→ YOUR ASSIGNMENT: Below are some records. Say how many of their lines include the string "merged", giving only the number.

--------------------

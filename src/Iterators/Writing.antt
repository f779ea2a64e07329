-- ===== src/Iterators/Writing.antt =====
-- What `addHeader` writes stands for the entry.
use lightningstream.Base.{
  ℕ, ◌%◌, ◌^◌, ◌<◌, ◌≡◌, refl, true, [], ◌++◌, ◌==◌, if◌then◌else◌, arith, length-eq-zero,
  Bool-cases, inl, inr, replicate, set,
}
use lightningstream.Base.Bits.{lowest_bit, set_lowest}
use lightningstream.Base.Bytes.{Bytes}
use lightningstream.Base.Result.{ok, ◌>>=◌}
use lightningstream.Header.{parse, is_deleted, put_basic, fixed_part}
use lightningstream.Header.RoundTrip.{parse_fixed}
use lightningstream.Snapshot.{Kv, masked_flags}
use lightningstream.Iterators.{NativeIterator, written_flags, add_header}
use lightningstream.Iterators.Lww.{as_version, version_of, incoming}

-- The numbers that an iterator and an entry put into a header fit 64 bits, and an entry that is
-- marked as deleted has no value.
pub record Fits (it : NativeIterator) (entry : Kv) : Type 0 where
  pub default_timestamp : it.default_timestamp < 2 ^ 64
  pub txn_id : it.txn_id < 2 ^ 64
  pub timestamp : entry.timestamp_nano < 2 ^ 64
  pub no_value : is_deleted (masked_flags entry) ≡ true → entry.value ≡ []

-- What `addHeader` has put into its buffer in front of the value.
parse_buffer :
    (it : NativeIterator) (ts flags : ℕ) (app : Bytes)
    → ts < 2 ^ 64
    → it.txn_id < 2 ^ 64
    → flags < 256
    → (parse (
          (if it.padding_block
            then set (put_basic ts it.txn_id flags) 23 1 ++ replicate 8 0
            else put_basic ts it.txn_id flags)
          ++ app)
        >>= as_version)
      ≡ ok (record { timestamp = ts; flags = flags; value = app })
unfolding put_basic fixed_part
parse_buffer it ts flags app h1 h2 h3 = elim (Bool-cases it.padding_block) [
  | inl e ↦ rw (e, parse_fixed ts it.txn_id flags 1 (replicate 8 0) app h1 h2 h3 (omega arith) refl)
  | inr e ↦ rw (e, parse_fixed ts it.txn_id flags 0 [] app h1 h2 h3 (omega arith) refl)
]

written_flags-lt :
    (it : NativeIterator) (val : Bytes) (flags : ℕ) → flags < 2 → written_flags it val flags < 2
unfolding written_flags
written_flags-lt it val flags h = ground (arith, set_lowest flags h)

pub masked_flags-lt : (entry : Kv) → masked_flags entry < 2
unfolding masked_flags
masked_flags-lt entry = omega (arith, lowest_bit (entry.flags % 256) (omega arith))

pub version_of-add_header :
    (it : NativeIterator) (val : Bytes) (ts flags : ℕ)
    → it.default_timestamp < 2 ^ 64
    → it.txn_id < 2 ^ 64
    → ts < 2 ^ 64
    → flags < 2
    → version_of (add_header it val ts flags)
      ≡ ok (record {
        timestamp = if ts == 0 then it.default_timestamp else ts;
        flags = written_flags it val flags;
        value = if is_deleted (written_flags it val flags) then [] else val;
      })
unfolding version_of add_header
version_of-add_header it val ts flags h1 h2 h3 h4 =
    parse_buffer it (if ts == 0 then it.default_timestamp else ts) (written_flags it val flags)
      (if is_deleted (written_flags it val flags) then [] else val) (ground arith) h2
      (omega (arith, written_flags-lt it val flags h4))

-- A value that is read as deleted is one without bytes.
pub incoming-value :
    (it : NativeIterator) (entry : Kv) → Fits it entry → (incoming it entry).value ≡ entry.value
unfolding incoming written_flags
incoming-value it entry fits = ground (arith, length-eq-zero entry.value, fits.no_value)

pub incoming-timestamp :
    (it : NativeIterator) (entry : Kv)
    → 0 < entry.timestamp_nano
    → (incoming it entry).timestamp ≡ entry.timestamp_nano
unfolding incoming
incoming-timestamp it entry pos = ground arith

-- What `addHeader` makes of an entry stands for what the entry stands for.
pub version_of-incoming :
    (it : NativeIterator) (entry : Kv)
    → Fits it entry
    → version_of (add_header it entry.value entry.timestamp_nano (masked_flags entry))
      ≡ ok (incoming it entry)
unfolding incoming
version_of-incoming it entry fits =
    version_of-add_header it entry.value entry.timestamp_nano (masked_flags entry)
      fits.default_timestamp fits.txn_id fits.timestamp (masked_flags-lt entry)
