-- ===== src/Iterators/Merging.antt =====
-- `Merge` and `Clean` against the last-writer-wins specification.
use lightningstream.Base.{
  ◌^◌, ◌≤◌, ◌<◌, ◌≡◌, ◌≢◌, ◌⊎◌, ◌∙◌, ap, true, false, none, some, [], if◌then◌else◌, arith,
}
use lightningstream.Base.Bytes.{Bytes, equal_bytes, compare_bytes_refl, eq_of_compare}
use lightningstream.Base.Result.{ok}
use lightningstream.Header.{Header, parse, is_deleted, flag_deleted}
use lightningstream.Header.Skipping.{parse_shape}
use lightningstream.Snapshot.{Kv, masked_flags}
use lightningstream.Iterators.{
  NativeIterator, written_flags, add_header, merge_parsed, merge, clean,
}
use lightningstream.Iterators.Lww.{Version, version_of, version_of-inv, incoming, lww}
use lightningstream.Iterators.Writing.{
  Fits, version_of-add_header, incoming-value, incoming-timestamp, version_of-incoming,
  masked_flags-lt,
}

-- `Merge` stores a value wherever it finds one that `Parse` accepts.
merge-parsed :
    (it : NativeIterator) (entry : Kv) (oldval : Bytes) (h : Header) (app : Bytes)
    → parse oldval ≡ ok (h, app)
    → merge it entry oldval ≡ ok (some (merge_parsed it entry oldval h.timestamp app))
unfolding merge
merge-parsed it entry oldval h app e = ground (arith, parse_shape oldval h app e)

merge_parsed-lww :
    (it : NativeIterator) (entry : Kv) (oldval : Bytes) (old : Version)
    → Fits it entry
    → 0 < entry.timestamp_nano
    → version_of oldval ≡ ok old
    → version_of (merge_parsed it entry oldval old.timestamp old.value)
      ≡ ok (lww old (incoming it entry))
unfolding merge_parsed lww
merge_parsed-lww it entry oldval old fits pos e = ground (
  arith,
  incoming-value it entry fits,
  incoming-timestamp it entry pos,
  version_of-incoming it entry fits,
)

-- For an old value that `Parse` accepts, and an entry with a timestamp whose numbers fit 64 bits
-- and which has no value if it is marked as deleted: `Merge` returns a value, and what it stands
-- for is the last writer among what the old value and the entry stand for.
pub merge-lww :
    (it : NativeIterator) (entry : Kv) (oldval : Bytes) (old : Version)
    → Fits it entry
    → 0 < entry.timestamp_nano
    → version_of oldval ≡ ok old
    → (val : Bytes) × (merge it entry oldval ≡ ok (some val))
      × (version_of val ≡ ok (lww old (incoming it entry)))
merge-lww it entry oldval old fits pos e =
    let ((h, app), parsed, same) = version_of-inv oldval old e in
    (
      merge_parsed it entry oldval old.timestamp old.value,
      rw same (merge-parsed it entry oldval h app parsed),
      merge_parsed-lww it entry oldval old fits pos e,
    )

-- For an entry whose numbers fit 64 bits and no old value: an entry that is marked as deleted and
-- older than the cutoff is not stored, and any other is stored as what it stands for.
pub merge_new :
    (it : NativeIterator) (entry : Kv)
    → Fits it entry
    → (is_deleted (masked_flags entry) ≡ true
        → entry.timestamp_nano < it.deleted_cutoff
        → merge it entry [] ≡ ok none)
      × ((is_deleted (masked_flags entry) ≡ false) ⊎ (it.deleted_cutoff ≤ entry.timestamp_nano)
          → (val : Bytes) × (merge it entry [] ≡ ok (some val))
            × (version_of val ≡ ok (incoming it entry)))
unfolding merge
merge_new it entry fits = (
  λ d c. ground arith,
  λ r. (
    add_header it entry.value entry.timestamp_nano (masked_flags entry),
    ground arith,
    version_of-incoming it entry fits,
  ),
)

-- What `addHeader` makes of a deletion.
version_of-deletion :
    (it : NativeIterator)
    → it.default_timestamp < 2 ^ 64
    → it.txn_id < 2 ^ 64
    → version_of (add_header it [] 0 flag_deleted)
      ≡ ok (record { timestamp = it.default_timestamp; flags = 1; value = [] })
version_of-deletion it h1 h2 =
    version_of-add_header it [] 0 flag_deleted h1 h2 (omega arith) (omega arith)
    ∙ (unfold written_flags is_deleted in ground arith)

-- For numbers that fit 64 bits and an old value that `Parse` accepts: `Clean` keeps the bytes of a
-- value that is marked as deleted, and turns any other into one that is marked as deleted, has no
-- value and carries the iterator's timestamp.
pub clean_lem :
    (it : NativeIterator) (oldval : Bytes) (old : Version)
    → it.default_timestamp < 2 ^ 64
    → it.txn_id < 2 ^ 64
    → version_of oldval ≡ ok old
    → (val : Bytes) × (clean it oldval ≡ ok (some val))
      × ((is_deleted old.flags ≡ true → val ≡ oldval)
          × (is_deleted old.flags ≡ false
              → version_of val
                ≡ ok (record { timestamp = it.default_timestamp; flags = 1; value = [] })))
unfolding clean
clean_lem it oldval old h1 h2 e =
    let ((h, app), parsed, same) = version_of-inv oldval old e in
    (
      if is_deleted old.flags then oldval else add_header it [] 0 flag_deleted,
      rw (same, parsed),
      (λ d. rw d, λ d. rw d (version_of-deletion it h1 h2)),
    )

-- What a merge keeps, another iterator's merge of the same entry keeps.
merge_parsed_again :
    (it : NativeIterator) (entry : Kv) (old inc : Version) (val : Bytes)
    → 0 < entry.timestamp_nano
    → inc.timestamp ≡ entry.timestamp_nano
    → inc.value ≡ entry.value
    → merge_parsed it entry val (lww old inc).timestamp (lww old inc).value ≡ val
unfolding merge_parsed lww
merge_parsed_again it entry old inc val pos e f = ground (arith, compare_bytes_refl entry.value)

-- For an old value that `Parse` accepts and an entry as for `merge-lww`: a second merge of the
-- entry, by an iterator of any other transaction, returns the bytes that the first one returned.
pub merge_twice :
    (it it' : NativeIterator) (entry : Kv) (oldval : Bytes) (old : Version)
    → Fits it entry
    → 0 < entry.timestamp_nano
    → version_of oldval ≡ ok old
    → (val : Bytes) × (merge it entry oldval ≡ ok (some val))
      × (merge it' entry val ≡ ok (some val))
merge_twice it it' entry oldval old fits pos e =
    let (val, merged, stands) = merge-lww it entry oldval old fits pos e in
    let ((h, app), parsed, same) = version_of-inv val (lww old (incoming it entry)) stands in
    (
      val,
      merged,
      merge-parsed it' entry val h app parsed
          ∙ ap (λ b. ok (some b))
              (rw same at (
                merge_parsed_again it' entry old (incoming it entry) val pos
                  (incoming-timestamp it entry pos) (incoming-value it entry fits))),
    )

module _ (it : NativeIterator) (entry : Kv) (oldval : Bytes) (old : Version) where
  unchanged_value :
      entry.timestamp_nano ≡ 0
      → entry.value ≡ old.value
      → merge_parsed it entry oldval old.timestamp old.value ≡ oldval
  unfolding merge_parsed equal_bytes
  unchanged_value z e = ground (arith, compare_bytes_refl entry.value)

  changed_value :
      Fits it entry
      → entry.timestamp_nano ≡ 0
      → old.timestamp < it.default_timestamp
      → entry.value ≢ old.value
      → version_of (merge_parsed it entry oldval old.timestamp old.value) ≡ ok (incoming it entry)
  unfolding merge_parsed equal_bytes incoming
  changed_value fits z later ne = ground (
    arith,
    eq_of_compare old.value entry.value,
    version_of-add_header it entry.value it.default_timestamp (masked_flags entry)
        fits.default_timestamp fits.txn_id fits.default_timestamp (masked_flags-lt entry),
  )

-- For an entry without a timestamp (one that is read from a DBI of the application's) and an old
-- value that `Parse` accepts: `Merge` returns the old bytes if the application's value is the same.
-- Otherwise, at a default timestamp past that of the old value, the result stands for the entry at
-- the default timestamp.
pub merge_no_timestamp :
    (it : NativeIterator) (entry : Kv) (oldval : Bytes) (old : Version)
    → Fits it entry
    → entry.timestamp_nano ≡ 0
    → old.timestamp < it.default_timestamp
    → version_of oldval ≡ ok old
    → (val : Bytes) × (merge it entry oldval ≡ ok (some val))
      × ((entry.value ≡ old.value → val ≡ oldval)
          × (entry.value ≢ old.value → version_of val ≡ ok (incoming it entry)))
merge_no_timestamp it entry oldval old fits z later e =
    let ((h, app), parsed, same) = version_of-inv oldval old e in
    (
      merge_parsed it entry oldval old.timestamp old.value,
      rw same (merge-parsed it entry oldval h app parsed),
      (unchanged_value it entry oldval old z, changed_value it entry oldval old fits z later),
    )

--------------------

→ EXERCISE RESPONSE: 2